Niamh pulled her bicycle off the road and hid it in the hedgerow, pushing it in as deep as she could without cutting her hands to shreds. It had begun to rain lightly as she crossed the fields, lacing her eyelashes with tiny drops, misting up her vision. But she could have her eyes closed and she’d know the way. Through the opening into the tight-knit spruce wood, then she kept on walking up and down root-exposed hollows until she saw the still silhouette of her cousin squatting at the base of a big lime tree, and smelt the scent of his lit cigarette wafting towards her.

‘I can’t stay long,’ she said, as they hugged each other. ‘I’ve to be in work in less than an hour.’

‘Sure, old Murphy isn’t going to sack you if you’re a few minutes late opening up.’ Brendan gave her a mocking look.

He never took her job seriously. She was not so important. He always made that clear, no matter what she did.

‘Daddy says hello,’ Brendan said to her, then stood up and began to walk fast through the woods. She followed him, almost breaking into a run to keep up. This was how it always went. Niamh following Brendan, blindly, without question.

The bond between them was deep. He was family, but not so close it was wrong. Their fathers were first cousins. Brendan had always been there for her. She would trust him with her life. At times, he almost felt like an extension of herself.

Although Brendan had never gone to college, barely finished school, he had been the greatest teacher of her life. Showing her and naming all the edible and poisonous plants of the woodlands, teaching her how to survive outside in the wilderness while they camped during the summer months of her teenage years. Most of all, Brendan had taught her about belief. Not the Catholic kind, which had always rung fake and hollow for Niamh. How she had hated being brought on Saturday afternoons to sit in the tiny confessional box on the other side from Father O’Donovan. Forced to share her deepest secrets with the old man, who had sounded like he didn’t care one bit about what she was thinking or feeling, let alone about advising her on it. How relieved she’d been when one Saturday afternoon, just a few months after her father had died, her mam had marched into the church with her shopping basket hooked on her arm, and yanked Niamh out of the pew. All Niamh’s school peers had looked at her mother in awe as she swore inside the church.

‘By Jaysus, Niamh, I’ll not have you in that box with the old pervert,’ she’d said, dragging Niamh out of the church.

When Niamh had asked her mam to explain herself, she’d only shaken her head, and said she’d been told something about Father O’Donovan, and that it wasn’t for a young girl’s ears but there was no way she or Niamh would ever set foot in their parish church again.
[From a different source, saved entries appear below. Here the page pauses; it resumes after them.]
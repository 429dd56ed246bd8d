-- ===== src/Store/Batch/Result.antt =====
-- What `list_flush_batch` (src/queue/store.cpp) returns: which rows, how many, and in which order.
use mathlib.Core.List.{perm_middle}
use mathlib.Core.List.Perm
use xnminer.Base.{
  ℕ, zero, suc, ◌+◌, ◌≤◌, ◌<◌, ◌≡◌, refl, ap, ◌∙◌, ℤ, Bool, true, not, ◌&&◌, List, [], ◌∷◌, ◌++◌,
  Perm, length, length-append, length-filter-le, length-take, take, All-append, All-take,
  All-filter, filter, All, min, ltb, Bool-cases, inl, inr, arith,
}
use xnminer.Store.Defs.{PendingBlock, Store}
use xnminer.Store.Batch.{
  matches_m, pending_matching_m, eligible, is_old, collect, finish, sort_batch, list_flush_batch,
}
use xnminer.Store.Batch.Select.{take_all, collect-take}
use xnminer.Store.Batch.Sort.{
  InOrder, sort_batch-perm, length-sort_batch, sort_batch-All, sort_batch-InOrder,
}

-- The rows in the order in which the wave takes them.
abbrev pub wave_order : ℕ → (PendingBlock → Bool) → List PendingBlock → List PendingBlock
wave_order skip ok ps =
    filter (λ pb. ok pb && not (is_old skip pb)) ps ++ filter (λ pb. ok pb && is_old skip pb) ps

-- With a positive limit, the batch is the first `limit` rows of: the eligible rows whose id is not
-- below the skip mark, oldest first, then the eligible rows below it; and these rows sorted.
pub list_flush_batch-eq :
    (minute : ℕ) (net_m default_m : ℤ) (limit skip : ℕ) (s : Store)
    → 0 < limit
    → list_flush_batch minute net_m default_m limit skip s
      ≡ sort_batch (take limit (wave_order skip (eligible minute net_m default_m) s.pending))
unfolding list_flush_batch
list_flush_batch-eq minute net_m default_m limit skip s h = rw positive (
    ap sort_batch
      (collect-take limit skip (eligible minute net_m default_m) s.pending [] [] h (omega arith)))
  where
    positive : ltb 0 limit ≡ true
    positive = ground arith

module _ (skip : ℕ) (ok : PendingBlock → Bool) where
  wave_order-perm : (ps : List PendingBlock) → Perm (wave_order skip ok ps) (filter ok ps)
  wave_order-perm [] = Perm.refl []
  wave_order-perm (pb ∷ ps) = elim (Bool-cases (ok pb)) [
    | inl good ↦ elim (Bool-cases (is_old skip pb)) [
      | inl old ↦ rw (good, old) (Perm.trans (perm_middle _ _) (Perm.cons pb (wave_order-perm ps)))
      | inr new ↦ rw (good, new) (Perm.cons pb (wave_order-perm ps))
    ]
    | inr bad ↦ rw bad (wave_order-perm ps)
  ]

  pub length-wave_order :
      (ps : List PendingBlock) → length (wave_order skip ok ps) ≡ length (filter ok ps)
  length-wave_order ps = omega (
    arith,
    length-append (filter (λ pb. ok pb && not (is_old skip pb)) ps)
        (filter (λ pb. ok pb && is_old skip pb) ps),
    halves ps,
  )
    where
      halves :
          (qs : List PendingBlock)
          → length (filter (λ pb. ok pb && not (is_old skip pb)) qs)
              + length (filter (λ pb. ok pb && is_old skip pb) qs)
            ≡ length (filter ok qs)
      halves [] = omega arith
      halves (pb ∷ qs) = ground (arith, halves qs)

  wave_order-All : (ps : List PendingBlock) → All (λ pb. ok pb ≡ true) (wave_order skip ok ps)
  wave_order-All ps =
      All-append _ (filter (λ pb. ok pb && not (is_old skip pb)) ps)
        (filter (λ pb. ok pb && is_old skip pb) ps) (passed (λ pb. not (is_old skip pb)) ps)
        (passed (is_old skip) ps)
    where
      passed :
          (q : PendingBlock → Bool) (qs : List PendingBlock)
          → All (λ pb. ok pb ≡ true) (filter (λ pb. ok pb && q pb) qs)
      passed q [] = tt
      passed q (pb ∷ qs) = ground (arith, passed q qs)

wave_order-All_rows :
    (P : PendingBlock → Type 0) (skip : ℕ) (ok : PendingBlock → Bool) (ps : List PendingBlock)
    → All P ps
    → All P (wave_order skip ok ps)
wave_order-All_rows P skip ok ps a =
    All-append P (filter (λ pb. ok pb && not (is_old skip pb)) ps) _ (All-filter P _ ps a)
      (All-filter P _ ps a)

-- The batch with no limit, as a sort of all eligible rows.
pub whole-eq :
    (minute : ℕ) (net_m default_m : ℤ) (skip : ℕ) (s : Store) (ps : List PendingBlock)
    → s.pending ≡ ps
    → list_flush_batch minute net_m default_m 0 skip s
      ≡ sort_batch (wave_order skip (eligible minute net_m default_m) s.pending)
unfolding list_flush_batch collect finish
whole-eq minute net_m default_m skip s [] e = rw e refl
whole-eq minute net_m default_m skip s (pb ∷ ps) e = ap sort_batch (
    collect-take (length s.pending) skip ok s.pending [] [] (rw e (omega arith)) (omega arith)
    ∙ take_all (length s.pending) (wave_order skip ok s.pending)
        (omega (arith, length-wave_order skip ok s.pending, length-filter-le ok s.pending)))
  where
    ok : PendingBlock → Bool
    ok = eligible minute net_m default_m

-- What holds at every row of the bag holds at the rows of the batch.
pub list_flush_batch-All :
    (P : PendingBlock → Type 0) (minute : ℕ) (net_m default_m : ℤ) (limit skip : ℕ) (s : Store)
    → All P s.pending
    → All P (list_flush_batch minute net_m default_m limit skip s)
list_flush_batch-All P minute net_m default_m zero skip s a =
    rw (whole-eq minute net_m default_m skip s s.pending refl) (
      sort_batch-All P _ (wave_order-All_rows P skip (eligible minute net_m default_m) s.pending a))
list_flush_batch-All P minute net_m default_m (suc n) skip s a =
    rw (list_flush_batch-eq minute net_m default_m (suc n) skip s (omega arith)) (
      sort_batch-All P _ (
        All-take P (suc n) _
          (wave_order-All_rows P skip (eligible minute net_m default_m) s.pending a)))

-- With no limit, the batch holds every eligible row exactly once and nothing else, whatever the skip
-- mark is: it is a permutation of the rows that match the m= and may be flushed in this minute.
pub list_flush_batch-perm :
    (minute : ℕ) (net_m default_m : ℤ) (skip : ℕ) (s : Store)
    → Perm
        (list_flush_batch minute net_m default_m 0 skip s)
        (filter (eligible minute net_m default_m) s.pending)
list_flush_batch-perm minute net_m default_m skip s =
    rw (whole-eq minute net_m default_m skip s s.pending refl) (
      Perm.trans (sort_batch-perm _)
        (wave_order-perm skip (eligible minute net_m default_m) s.pending))

-- The batch of a positive limit has as many rows as the limit allows: the limit, or the number of
-- eligible rows if that is less.
pub length-list_flush_batch :
    (minute : ℕ) (net_m default_m : ℤ) (limit skip : ℕ) (s : Store)
    → 0 < limit
    → length (list_flush_batch minute net_m default_m limit skip s)
      ≡ min limit (length (filter (eligible minute net_m default_m) s.pending))
length-list_flush_batch minute net_m default_m limit skip s h =
    rw (list_flush_batch-eq minute net_m default_m limit skip s h) (
      omega (
        arith,
        length-sort_batch (take limit (wave_order skip ok s.pending)),
        length-take limit (wave_order skip ok s.pending),
        length-wave_order skip ok s.pending,
      ))
  where
    ok : PendingBlock → Bool
    ok = eligible minute net_m default_m

-- Every batch is in the order of flushing: each row is of a kind that `flush_priority` puts before the
-- later row's, or of an equal one and has no larger id. Each row in it matches the m= and may be
-- flushed in this minute.
pub list_flush_batch-InOrder :
    (minute : ℕ) (net_m default_m : ℤ) (limit skip : ℕ) (s : Store)
    → InOrder (list_flush_batch minute net_m default_m limit skip s)
      × All
          (λ pb. eligible minute net_m default_m pb ≡ true)
          (list_flush_batch minute net_m default_m limit skip s)
list_flush_batch-InOrder minute net_m default_m zero skip s =
    rw (whole-eq minute net_m default_m skip s s.pending refl) (
      sort_batch-InOrder _,
      sort_batch-All _ _ (wave_order-All skip (eligible minute net_m default_m) s.pending),
    )
list_flush_batch-InOrder minute net_m default_m (suc n) skip s =
    rw (list_flush_batch-eq minute net_m default_m (suc n) skip s (omega arith)) (
      sort_batch-InOrder _,
      sort_batch-All _ _
          (All-take _ (suc n) _ (wave_order-All skip (eligible minute net_m default_m) s.pending)),
    )

fewer :
    (minute : ℕ) (net_m default_m : ℤ) (ps : List PendingBlock)
    → length (filter (eligible minute net_m default_m) ps)
      ≤ length (filter (matches_m net_m default_m) ps)
unfolding eligible
fewer minute net_m default_m [] = omega arith
fewer minute net_m default_m (pb ∷ ps) = ground (arith, fewer minute net_m default_m ps)

-- No wave is larger than what `pending_matching_m` announces.
pub list_flush_batch-le-pending_matching_m :
    (minute : ℕ) (net_m default_m : ℤ) (limit skip : ℕ) (s : Store)
    → length (list_flush_batch minute net_m default_m limit skip s)
      ≤ pending_matching_m net_m default_m s
unfolding pending_matching_m
list_flush_batch-le-pending_matching_m minute net_m default_m zero skip s =
    rw (whole-eq minute net_m default_m skip s s.pending refl) (
      omega (
        arith,
        length-sort_batch (wave_order skip (eligible minute net_m default_m) s.pending),
        length-wave_order skip (eligible minute net_m default_m) s.pending,
        fewer minute net_m default_m s.pending,
      ))
list_flush_batch-le-pending_matching_m minute net_m default_m (suc n) skip s = omega (
  arith,
  length-list_flush_batch minute net_m default_m (suc n) skip s,
  fewer minute net_m default_m s.pending,
)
Of course, Niamh had heard all the gossip at school about what Father O’Donovan had been up to. She’d been delighted at first that she no longer had to go to church every week, but thought it very strange no one else in Mullaghmore ostracised Father O’Donovan, and that the bishop did nothing about removing him. When she asked her classmates, they just shrugged, said their parents still wanted them to go to church, and they were all for an easy life. Their families had always gone to church every week, for decades, and then there were weddings, funerals and First Communions. These were important events. They couldn’t just ban Father O’Donovan. But that was exactly what Niamh and her mam did. It set them apart from everyone in Mullaghmore, as if it wasn’t already bad enough because her mam was a widow.